Certes, il s’agit de
développer les dons reçus, mais l’intendant ne doit jamais oublier que c’est
pour le service de celles et ceux que le Maître lui a confiés. Tous, quelle que
soit notre vocation, nous nous sommes vus confier des dons à faire fructifier
dans une mission de service de la charité. Chacun de nous devra rendre compte de la
manière dont il s’est acquitté de sa responsabilité suivant la mesure de sa
prise de conscience de ce qu’était la volonté du Seigneur.
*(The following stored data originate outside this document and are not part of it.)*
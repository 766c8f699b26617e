-- ===== src/Prelude/Safe.antt =====
-- Code that does not panic, whatever the state it starts in: rules for its parts.
use mathlib.Core.Path.{◌≡◌, refl}
use mathlib.Core.Bool.{Bool, true, false}
use native.Mathlib.Omega.{arith}
use yurt_device_controller.Prelude.Tests.{if◌then◌else◌}
use yurt_device_controller.Prelude.Io.{
  Io, Outcome, Result, ok, fail, panic, value, error, Call, call, attempt, deferred, pure, ◌>>=◌,
  ◌>>◌,
}

abbrev pub panicked : {A : Type 0} → Outcome A → Bool
panicked panic = true
panicked _ = false

abbrev pub Safe : {S A : Type 0} → Io S A → Type 0
Safe {S} m = (s : S) → panicked (m s).0 ≡ false

pub Safe-bind :
    {S A B : Type 0} (m : Io S A) (f : A → Io S B)
    → Safe m
    → ((a : A) → Safe (f a))
    → Safe (m >>= f)
Safe-bind {S} {A} {B} m f hm hf s = go (m s) (hm s)
  where
    go :
        (q : Outcome A × S)
        → panicked q.0 ≡ false
        → panicked ((let bound : Io S B = (λ _. q) >>= f in bound) s).0 ≡ false
    go (ok a, s') h = hf a s'
    go (fail e, s') h = refl
    go (panic, s') h = h

pub Safe-then : {S B : Type 0} (m : Io S (Unit {0})) (k : Io S B) → Safe m → Safe k → Safe (m >> k)
Safe-then m k hm hk = Safe-bind m (λ _. k) hm λ _. hk

pub Safe-if : {S A : Type 0} (b : Bool) (m k : Io S A) → Safe m → Safe k → Safe (if b then m else k)
Safe-if true m k hm hk = hm
Safe-if false m k hm hk = hk

-- The error of a call is a value of its own; a panic is not.
pub Safe-attempt : {S A : Type 0} (m : Io S A) → Safe m → Safe (attempt m)
Safe-attempt {S} {A} m hm s = go (m s) (hm s)
  where
    go :
        (q : Outcome A × S)
        → panicked q.0 ≡ false
        → panicked ((let tried : Io S (Result A) = attempt (λ _. q) in tried) s).0 ≡ false
    go (ok a, s') h = refl
    go (fail e, s') h = refl
    go (panic, s') h = h

-- Code outside the repository answers or gives an error.
pub Safe-call : {W A : Type 0} (c : Call W A) → Safe (call c)
Safe-call c w = go (c w).0
  where
    go :
        {A : Type 0} (q : Result A)
        → panicked (elim q [ value a ↦ ok a | error e ↦ fail e ]) ≡ false
    go (value a) = refl
    go (error e) = refl

pub Safe-deferred :
    {S A : Type 0} (last : Io S (Unit {0})) (body : Io S A)
    → Safe last
    → Safe body
    → Safe (deferred last body)
Safe-deferred last body hl hb s = ground (arith, hb s, hl (body s).1)

-- The result of a call is dropped.
abbrev pub dropped : {S A : Type 0} → Io S A → Io S (Unit {0})
dropped m = attempt m >>= λ _. pure tt

-- Code that returns, whatever the state it starts in.
abbrev pub Returns : {S : Type 0} → Io S (Unit {0}) → Type 0
Returns {S} m = (s : S) → (m s).0 ≡ ok tt

pub Returns-dropped : {S A : Type 0} (m : Io S A) → Safe m → Returns (dropped m)
Returns-dropped {S} {A} m h s = go (m s) (h s)
  where
    go :
        (q : Outcome A × S)
        → panicked q.0 ≡ false
        → ((let tried : Io S (Unit {0}) = dropped (λ _. q) in tried) s).0 ≡ ok tt
    go (ok a, s') e = refl
    go (fail x, s') e = refl
    go (panic, s') e = cc

pub Returns-then : {S : Type 0} (m k : Io S (Unit {0})) → Returns m → Returns k → Returns (m >> k)
Returns-then m k hm hk s = ground (arith, hm s, hk (m s).1)
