-- ===== src/EdgeX/ProfileClient/Safe.antt =====
-- When the client of device profiles does not panic.
use yurt_device_controller.Prelude.{String, ◌≢◌, refl, arith, Option, none, some, List, [], ◌∷◌}
use yurt_device_controller.Prelude.Safe.{Safe}
use yurt_device_controller.Api.{DeviceProfile}
use yurt_device_controller.EdgeX.Http.{HasEntries, IdResponse}
use yurt_device_controller.EdgeX.ProfileClient.{
  EdgexDeviceProfile, created_profile, create_profile, delete_profile, get_profile, list_profiles,
}

module _ {W : Type 0} (cdc : EdgexDeviceProfile W) where
  created_profile-Safe :
      (d : DeviceProfile) (body : String) (ids : List (Option IdResponse))
      → ids ≢ none ∷ []
      → Safe (created_profile cdc d body ids)
  unfolding created_profile
  created_profile-Safe d body [] h s = refl
  created_profile-Safe d body (none ∷ []) h s = absurd (h refl)
  created_profile-Safe d body (some r ∷ []) h s = ground arith
  created_profile-Safe d body (none ∷ i ∷ is) h s = refl
  created_profile-Safe d body (some r ∷ i ∷ is) h s = refl

  pub create_profile-Safe :
      (d : DeviceProfile) → HasEntries cdc.http cdc.codec → Safe (create_profile cdc d)
  unfolding create_profile
  create_profile-Safe d entries w = grind (arith, created_profile-Safe, entries)

  pub delete_profile-Safe : (name : String) → Safe (delete_profile cdc name)
  unfolding delete_profile
  delete_profile-Safe name w = ground arith

  pub get_profile-Safe : (name : String) → Safe (get_profile cdc name)
  unfolding get_profile
  get_profile-Safe name w = ground arith

  pub list_profiles-Safe : Safe (list_profiles cdc)
  unfolding list_profiles
  list_profiles-Safe w = ground arith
Seigneur Jésus, Tu es le bon
« voleur » que nous attendons de tout cœur; viens nous arracher au
pouvoir de la nuit que nous avons choisie. Renouvelle-nous dans les dons de Ton
Esprit, que nous sachions rester au travail de sanctification de notre âme le
jour et la nuit, que nous sachions vivre de Ton évangile à temps et à
contretemps, pour Te donner la joie de trouver radieux le trésor de notre âme,
le diamant resplendissant, la perle précieuse, le château intérieur que Tu désires
tant … pour y demeurer.
Mt 9, 32-38
« On présente à
Jésus un possédé qui était muet ». Il faut supposer que par son comportement
cet homme trahissait qu’il était sous l’emprise d’un démon, car tout muet n’est
pas forcément possédé. Dans les évangiles, les démons sont même plutôt loquaces,
au point que le Seigneur est obligé de leur imposer silence. Disons qu’ils parlent
pour dire ce qu’il ne faut pas, et se taisent - ou rendent muet - alors qu’il
faudrait s’exprimer.
Rien n’est dit sur
l’exorcisme ; l’évangéliste ne mentionne même pas que Jésus en soit l’auteur :
c’est le contexte qui nous le laisse supposer. Par contre le passif - « eut été
expulsé » - désigne Dieu comme sujet agissant dans la libération de cet homme.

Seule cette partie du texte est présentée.